> [Exercise details]:
Search the data below for "insert" and report how many lines contain it, with no other text.

> [Source material]:

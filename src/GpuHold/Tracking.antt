-- ===== src/GpuHold/Tracking.antt =====
-- proxy/gpu_hold.cpp: the bookkeeping of stamps and fences, through each operation.
use dxr11_pascal.Base.{
  ℕ, ◌≤◌, ◌<◌, ◌≡◌, refl, ◌⊎◌, inl, inr, ◌≢◌, true, ◌||◌, List, [], ◌∷◌, some, arith, ◌==◌, any,
  lookup, insert, erase, Option-cases, Bool-cases, All, All-append, All-map, All-keep_if,
  All-keep_if-true,
}
use dxr11_pascal.GpuHold.{
  Stamp, QueueFence, State, Gpu, signal_locked, extra_stamps, restamp, stamp_locked, end_locked,
  sweep_locked, uses_res, uses_of, use_of, add_use, stamp_owners, stamp_owner, stamp_submitted,
  submitted_once, is_live,
}

-- Never submitted, or under a value that its queue's fence was signalled to reach.
abbrev pub IsSignalled : (ℕ → QueueFence) → Stamp → Type 0
IsSignalled f t = (t.fence ≡ 0) ⊎ (((f t.queue).created ≡ true) × (t.fence ≤ (f t.queue).value))

-- What waits for its fence was submitted.
abbrev pub IsEnded : (ℕ → QueueFence) → Stamp → Type 0
IsEnded f t = (0 < t.fence) × IsSignalled f t

abbrev pub AllUses : (Stamp → Type 0) → List (ℕ × List Stamp) → Type 0
AllUses P [] = Unit
AllUses P ((o, uses) ∷ m) = All P uses × AllUses P m

pub record IsTracked (s : State) : Type 0 where
  pub uses : AllUses (IsSignalled s.fences) s.live
  pub ended : All (IsEnded s.fences) s.ending

AllUses-insert :
    (P : Stamp → Type 0) (o : ℕ) (new : List Stamp) (m : List (ℕ × List Stamp))
    → All P new
    → AllUses P m
    → AllUses P (insert o new m)
unfolding insert
AllUses-insert P o new [] h k = (h, tt)
AllUses-insert P o new ((p, us) ∷ m) h k = ground (arith, AllUses-insert P o new m h k.1)

AllUses-erase :
    (P : Stamp → Type 0) (o : ℕ) (m : List (ℕ × List Stamp)) → AllUses P m → AllUses P (erase o m)
unfolding erase
AllUses-erase P o [] k = tt
AllUses-erase P o ((p, us) ∷ m) k = ground (arith, AllUses-erase P o m k.1)

AllUses-lookup :
    (P : Stamp → Type 0) (o : ℕ) (uses : List Stamp) (m : List (ℕ × List Stamp))
    → lookup o m ≡ some uses
    → AllUses P m
    → All P uses
unfolding lookup
AllUses-lookup P o uses [] e k = cc
AllUses-lookup P o uses ((p, us) ∷ m) e k = elim (Bool-cases (p == o)) [
  | inl hit ↦ let same : us ≡ uses = ground (arith, e) in rw (← same) k.0
  | inr miss ↦ AllUses-lookup P o uses m (ground arith) k.1
]

AllUses-map :
    (P Q : Stamp → Type 0)
    → ((t : Stamp) → P t → Q t)
    → (m : List (ℕ × List Stamp)) → AllUses P m
    → AllUses Q m
AllUses-map P Q f [] k = tt
AllUses-map P Q f ((o, us) ∷ m) k = (All-map P Q f us k.0, AllUses-map P Q f m k.1)

signal-IsTracked : (g : Gpu) (s : State) (q : ℕ) → IsTracked s → IsTracked (signal_locked g s q).0
signal-IsTracked g s q h = record {
  uses = rw live_eq (AllUses-map _ _ keep s.live h.uses);
  ended = rw ending_eq (All-map _ _ (λ t k. (k.0, keep t k.1)) s.ending h.ended);
}
  where
    live_eq : (signal_locked g s q).0.live ≡ s.live
    live_eq = unfold signal_locked in ground arith

    ending_eq : (signal_locked g s q).0.ending ≡ s.ending
    ending_eq = unfold signal_locked in ground arith

    keep : (t : Stamp) → IsSignalled s.fences t → IsSignalled (signal_locked g s q).0.fences t
    keep t k = unfold signal_locked in ground arith

signal_value :
    (g : Gpu) (s : State) (q : ℕ)
    → (signal_locked g s q).1 ≢ 0
    → (((signal_locked g s q).0.fences q).created ≡ true)
      × ((signal_locked g s q).1 ≤ ((signal_locked g s q).0.fences q).value)
unfolding signal_locked
signal_value g s q h = ground arith

restamp-All :
    (P : Stamp → Type 0) (q v : ℕ) (uses : List Stamp)
    → ((t : Stamp) → t.queue ≡ q → t.fence ≡ v → P t)
    → All P (restamp q v uses)
unfolding restamp
restamp-All P q v [] h = tt
restamp-All P q v (t ∷ ts) h = (h _ refl refl, restamp-All P q v ts h)

stamp_owner-IsTracked :
    (g : Gpu) (s : State) (q v o : ℕ)
    → ((s.fences q).created ≡ true) × (v ≤ (s.fences q).value)
    → IsTracked s
    → IsTracked (stamp_owner g s q v o)
unfolding stamp_owner stamp_locked extra_stamps
stamp_owner-IsTracked g s q v o ok h = elim (Option-cases (lookup o s.live)) [
  | inl e ↦ rw (e, stamp_owner) h
  | inr (uses, e) ↦
      rw (e, stamp_owner)
        (record {
          uses =
              AllUses-insert _ o _ s.live
                (All-append _ (restamp q v uses) _
                  (restamp-All (IsSignalled s.fences) q v uses (λ t eq ef. inr (rw (eq, ef) ok)))
                  (All-keep_if _ _ uses (AllUses-lookup _ o uses s.live e h.uses)))
                h.uses;
          ended = h.ended;
        })
]

stamp_owner_fences : (g : Gpu) (s : State) (q v o : ℕ) → (stamp_owner g s q v o).fences ≡ s.fences
unfolding stamp_owner
stamp_owner_fences g s q v o = ground arith

stamp_owners-IsTracked :
    (g : Gpu) (q v : ℕ) (s : State) (os : List ℕ)
    → ((s.fences q).created ≡ true) × (v ≤ (s.fences q).value)
    → IsTracked s
    → IsTracked (stamp_owners g s q v os)
unfolding stamp_owners
stamp_owners-IsTracked g q v s [] ok h = h
stamp_owners-IsTracked g q v s (o ∷ os) ok h =
    stamp_owners-IsTracked g q v (stamp_owner g s q v o) os (rw (stamp_owner_fences g s q v o) ok)
      (stamp_owner-IsTracked g s q v o ok h)

pub end_locked-IsTracked :
    (g : Gpu) (s : State) (o : ℕ) → IsTracked s → IsTracked (end_locked g s o)
unfolding end_locked
end_locked-IsTracked g s o h = elim (Option-cases (lookup o s.live)) [
  | inl e ↦ rw (e, end_locked) h
  | inr (uses, e) ↦
      rw (e, end_locked)
        (record {
          uses = AllUses-erase _ o s.live h.uses;
          ended = All-append _ s.ending _ h.ended (
              All-keep_if-true (IsSignalled s.fences) (IsEnded s.fences) _
                (λ t k j. (ground (arith, k), j)) uses (AllUses-lookup _ o uses s.live e h.uses));
        })
]

pub sweep_locked-IsTracked : (g : Gpu) (s : State) → IsTracked s → IsTracked (sweep_locked g s)
unfolding sweep_locked
sweep_locked-IsTracked g s h = record { uses = h.uses; ended = All-keep_if _ _ s.ending h.ended }

pub use_of-IsTracked : (s : State) (r o : ℕ) → IsTracked s → IsTracked (use_of s r o)
unfolding use_of add_use
use_of-IsTracked s r o h = elim (Bool-cases (r == 0 || o == 0)) [
  | inl null ↦ rw null h
  | inr given ↦
      rw given (record { uses = AllUses-insert _ o _ s.live grown h.uses; ended = h.ended })
]
  where
    old : All (IsSignalled s.fences) (uses_of o s)
    old = elim (Option-cases (lookup o s.live)) [
      | inl e ↦ rw (e, All) tt
      | inr (uses, e) ↦ rw (e, All) (AllUses-lookup _ o uses s.live e h.uses)
    ]

    grown : All (IsSignalled s.fences) (add_use r (uses_of o s))
    grown = elim (Bool-cases (uses_res r (uses_of o s))) [
      | inl has ↦ rw has old
      | inr new ↦ rw new (All-append _ (uses_of o s) _ old (inl refl, tt))
    ]

pub stamp_submitted-IsTracked :
    (g : Gpu) (s : State) (q : ℕ) (os : List ℕ) → IsTracked s → IsTracked (stamp_submitted g s q os)
unfolding stamp_submitted
stamp_submitted-IsTracked g s q os h = elim (Bool-cases (any (is_live s) os)) [
  | inr dead ↦ rw dead h
  | inl live ↦ rw live (elim (Bool-cases ((signal_locked g s q).1 == 0)) [
    | inl failed ↦ rw failed (signal-IsTracked g s q h)
    | inr signalled ↦ rw signalled (
        stamp_owners-IsTracked g q _ (signal_locked g s q).0 os (signal_value g s q (ground arith))
          (signal-IsTracked g s q h))
  ])
]

pub submitted_once-IsTracked :
    (g : Gpu) (s : State) (q o : ℕ) → IsTracked s → IsTracked (submitted_once g s q o)
unfolding submitted_once
submitted_once-IsTracked g s q o h = elim (Bool-cases (q == 0 || o == 0)) [
  | inl null ↦ rw null h
  | inr given ↦ rw given (elim (Option-cases (lookup o s.live)) [
    | inl e ↦ rw e h
    | inr (uses, e) ↦ rw e (elim (Bool-cases ((signal_locked g s q).1 == 0)) [
      | inl failed ↦ rw failed (signal-IsTracked g s q h)
      | inr signalled ↦ rw signalled (
          end_locked-IsTracked g _ o (
            stamp_owner-IsTracked g (signal_locked g s q).0 q _ o
              (signal_value g s q (ground arith)) (signal-IsTracked g s q h)))
    ])
  ])
]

> [Answer area]:
8